Investing is a zero-sum game
Investing is a zero-sum game when performance is measured relative to the value-weighted market index. The aggregate gains of all investors who beat the market are exactly equal to the aggregate losses of all investors who underperform the market.
This equality follows from the fact that all securities are owned by someone. Accordingly, the average return to holding all securities in the market (the return to the value-weighted market index) must equal the value-weighted return of all investment portfolios formed from those securities. If some investors beat the market, others must underperform.
Because investors incur transaction costs when they trade, investing— especially active investing—is a negative-sum game. Controlling transaction costs thus is essential for investors who seek to beat the market. Of course, all traders who want to preserve or grow their capital must control transaction costs, regardless of how they benchmark their performance.

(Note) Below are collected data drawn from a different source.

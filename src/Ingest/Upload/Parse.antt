-- ===== src/Ingest/Upload/Parse.antt =====
-- `PostCallUpload`, first part: the rate of the key and the fields of the form.
use open_scanner.Base.{
  ℕ, Option, none, some, String, ltb, if◌then◌else◌, str_eq, concat, ℤ, pos, negsuc,
}
use open_scanner.Ingest.Tables.{Db, get_setting_value}
use open_scanner.Ingest.Limiter.{default_call_rate_per_min, max_call_rate_per_min}
use open_scanner.Ingest.Sources.{
  extract_primary_source, extract_primary_source_tag, aggregate_error_spike_counts, is_some,
}
use open_scanner.Ingest.Upload.{Env, Form, Response, Meta, text, fail_with}

-- A number above 0.
abbrev pub above_zero : Option ℤ → Option ℕ
above_zero none = none
above_zero (some (negsuc n)) = none
above_zero (some (pos n)) = if ltb 0 n then some n else none

abbrev pub or_else {ℓ} : {A : Type ℓ} → Option A → A → A
or_else none a = a
or_else (some b) a = b

-- The key's own rate, else the setting's, else 60; 600 at most.
unfoldable pub rate_limit_of : Env → Db → Form → ℕ
unfolding get_setting_value
rate_limit_of env db form =
    let setting = get_setting_value env.fails db "apiKeyCallRate" in
    let set_rate = if str_eq setting "" then none else above_zero (env.parse_int setting) in
    let rate =
      or_else (above_zero form.api_key_rate) (or_else set_rate default_call_rate_per_min) in
    if ltb max_call_rate_per_min rate then max_call_rate_per_min else rate

-- A field under its own name, else under the one of Trunk Recorder.
abbrev pub system_field : Form → String
system_field form =
    if str_eq (form.field "systemId") "" then form.field "system" else form.field "systemId"

abbrev pub talkgroup_field : Form → String
talkgroup_field form =
    if str_eq (form.field "talkgroupId") ""
    then form.field "talkgroup"
    else form.field "talkgroupId"

-- The last check that fails gives the reason.
unfoldable pub incomplete_reason : Form → Option String
incomplete_reason form =
    if str_eq (talkgroup_field form) ""
    then some "no talkgroup"
    else if str_eq (system_field form) ""
    then some "no system"
    else if str_eq (form.field "dateTime") ""
    then some "no datetime"
    else if is_some form.audio
    then none
    else some "no audio"

abbrev pub parse_date_time : Env → String → Option ℤ
parse_date_time env s = elim (env.parse_int s) [
  | some n ↦ some n
  | none ↦ elim (env.parse_nano s) [ some n ↦ some n | none ↦ env.parse_rfc3339 s ]
]

-- An optional number: an empty or a bad field is no number.
abbrev number_field : Env → Form → String → Option ℤ
number_field env form key =
    if str_eq (form.field key) "" then none else env.parse_int (form.field key)

abbrev text_field : Form → String → Option String
text_field form key = if str_eq (form.field key) "" then none else some (form.field key)

-- An explicit value, else what the JSON array has.
abbrev pub or_extracted {ℓ} :
    {A : Type ℓ} → Option A → (String → Option A) → Option String → Option A
or_extracted (some a) extract raw = some a
or_extracted none extract none = none
or_extracted none extract (some raw) = extract raw

abbrev pub counts_of : Env → Option ℤ → Option ℤ → Option String → Option ℤ × Option ℤ
counts_of env none none (some raw) = aggregate_error_spike_counts env.json raw
counts_of env errors spikes _ = (errors, spikes)

unfoldable pub meta_of : Env → Form → ℤ → ℤ → ℤ → Meta
unfolding extract_primary_source extract_primary_source_tag aggregate_error_spike_counts
meta_of env form t system talkgroup =
    let sources = text_field form "sources" in
    let frequencies = text_field form "frequencies" in
    let (errors, spikes) =
      counts_of env (number_field env form "errorCount") (number_field env form "spikeCount")
        frequencies in
    record {
      date_time = t;
      system_raw = system;
      talkgroup_raw = talkgroup;
      frequency = number_field env form "frequency";
      duration = number_field env form "duration";
      source =
          or_extracted (number_field env form "source") (extract_primary_source env.json) sources;
      error_count = errors;
      spike_count = spikes;
      sources = sources;
      frequencies = frequencies;
      patches = text_field form "patches";
      site = text_field form "site";
      channel = text_field form "channel";
      decoder = text_field form "decoder";
      talkgroup_label = form.field "talkgroupLabel";
      talkgroup_tag = form.field "talkgroupTag";
      talkgroup_group = form.field "talkgroupGroup";
      talkgroup_name = form.field "talkgroupName";
      system_label = form.field "systemLabel";
      talker_alias =
          or_extracted (text_field form "talkerAlias") (extract_primary_source_tag env.json)
            sources;
    }

pub data Parsed : Type 0 where
  refused : Response → Parsed
  parsed : Meta → Parsed

abbrev pub parse_talkgroup : Env → Form → ℤ → ℤ → Option ℤ → Parsed
parse_talkgroup env form t system none = refused (fail_with 400 "invalid talkgroupId")
parse_talkgroup env form t system (some talkgroup) = parsed (meta_of env form t system talkgroup)

abbrev pub parse_system : Env → Form → ℤ → Option ℤ → Parsed
parse_system env form t none = refused (fail_with 400 "invalid systemId")
parse_system env form t (some system) =
    parse_talkgroup env form t system (env.parse_int (talkgroup_field form))

abbrev pub parse_complete : Env → Form → Option ℤ → Parsed
parse_complete env form none =
    refused (fail_with 400 "invalid dateTime: expected unix timestamp or ISO 8601")
parse_complete env form (some t) = parse_system env form t (env.parse_int (system_field form))

abbrev pub parse_checked : Env → Form → Option String → Parsed
parse_checked env form (some reason) =
    refused
      (record { status = 417; body = text (concat "Incomplete call data: " (concat reason "\n")) })
parse_checked env form none = parse_complete env form (parse_date_time env (form.field "dateTime"))

unfoldable pub parse_form : Env → Form → Parsed
unfolding incomplete_reason meta_of
parse_form env form =
    if str_eq (form.field "test") "1"
    then refused (record { status = 200; body = text "Incomplete call data: no talkgroup\n" })
    else parse_checked env form (incomplete_reason form)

Investment managers concerned about beating their peers should consider the following fact: Among large blend equity mutual funds, only 87 bps separate the return performance of the 40th percentile fund from that of the 60th percentile fund in the distribution of annualized total five-year returns.1 Poor traders can lose that much in transaction costs during the course of a year, especially if they trade frequently.

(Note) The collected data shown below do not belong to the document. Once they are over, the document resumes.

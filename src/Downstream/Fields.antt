-- ===== src/Downstream/Fields.antt =====
-- The form that `pushCall` of backend/internal/downstream/pusher.go writes.
use open_scanner.Base.{
  Option, none, some, String, List, [], ◌∷◌, if◌then◌else◌, str_eq, ℤ, pos, eq_ℤ,
}
use open_scanner.Ingest.Upload.{CallEvent}

-- `if n != 0 { … }` and `if v != "" { … }`: `none` is a field that is not written.
abbrev pub number_part : (ℤ → String) → ℤ → Option String
number_part format n = if eq_ℤ n (pos 0) then none else some (format n)

abbrev pub text_part : String → Option String
text_part v = if str_eq v "" then none else some v

-- The fields in the order of the code; the first three are always written.
abbrev pub form_parts : (ℤ → String) → CallEvent → List (String × Option String)
form_parts format e =
    ("systemId", some (format e.system_id))
    ∷ ("talkgroupId", some (format e.talkgroup_id))
    ∷ ("dateTime", some (format e.date_time))
    ∷ ("frequency", number_part format e.frequency)
    ∷ ("duration", number_part format e.duration)
    ∷ ("source", number_part format e.source)
    ∷ ("sources", text_part e.sources)
    ∷ ("frequencies", text_part e.frequencies)
    ∷ ("patches", text_part e.patches)
    ∷ ("audioName", text_part e.audio_name)
    ∷ ("audioType", text_part e.audio_type)
    ∷ ("systemLabel", text_part e.system_label)
    ∷ ("talkgroupLabel", text_part e.talkgroup_label)
    ∷ ("talkgroupName", text_part e.talkgroup_name)
    ∷ ("talkgroupGroup", text_part e.talkgroup_group)
    ∷ ("talkgroupTag", text_part e.talkgroup_tag)
    ∷ ("talkerAlias", text_part e.talker_alias)
    ∷ []

-- The fields that are written.
abbrev pub written_parts : List (String × Option String) → List (String × String)
written_parts [] = []
written_parts ((key, none) ∷ parts) = written_parts parts
written_parts ((key, some value) ∷ parts) = (key, value) ∷ written_parts parts

unfoldable pub push_fields : (ℤ → String) → CallEvent → List (String × String)
push_fields format e = written_parts (form_parts format e)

The observation that trading is a zero-sum game (or a negative-sum game when transaction costs are included) has an extremely important implication for active investment managers who base their trading decisions on financial analyses.
Those managers who regularly under-perform the market do not do so because they systematically choose the wrong securities to hold in their portfolios. Such managers could easily adjust their trading strategies to simply do the opposite of whatever their analyses suggest and thereby beat the market. The financial analyses of under-performing managers thus are not systematically wrong.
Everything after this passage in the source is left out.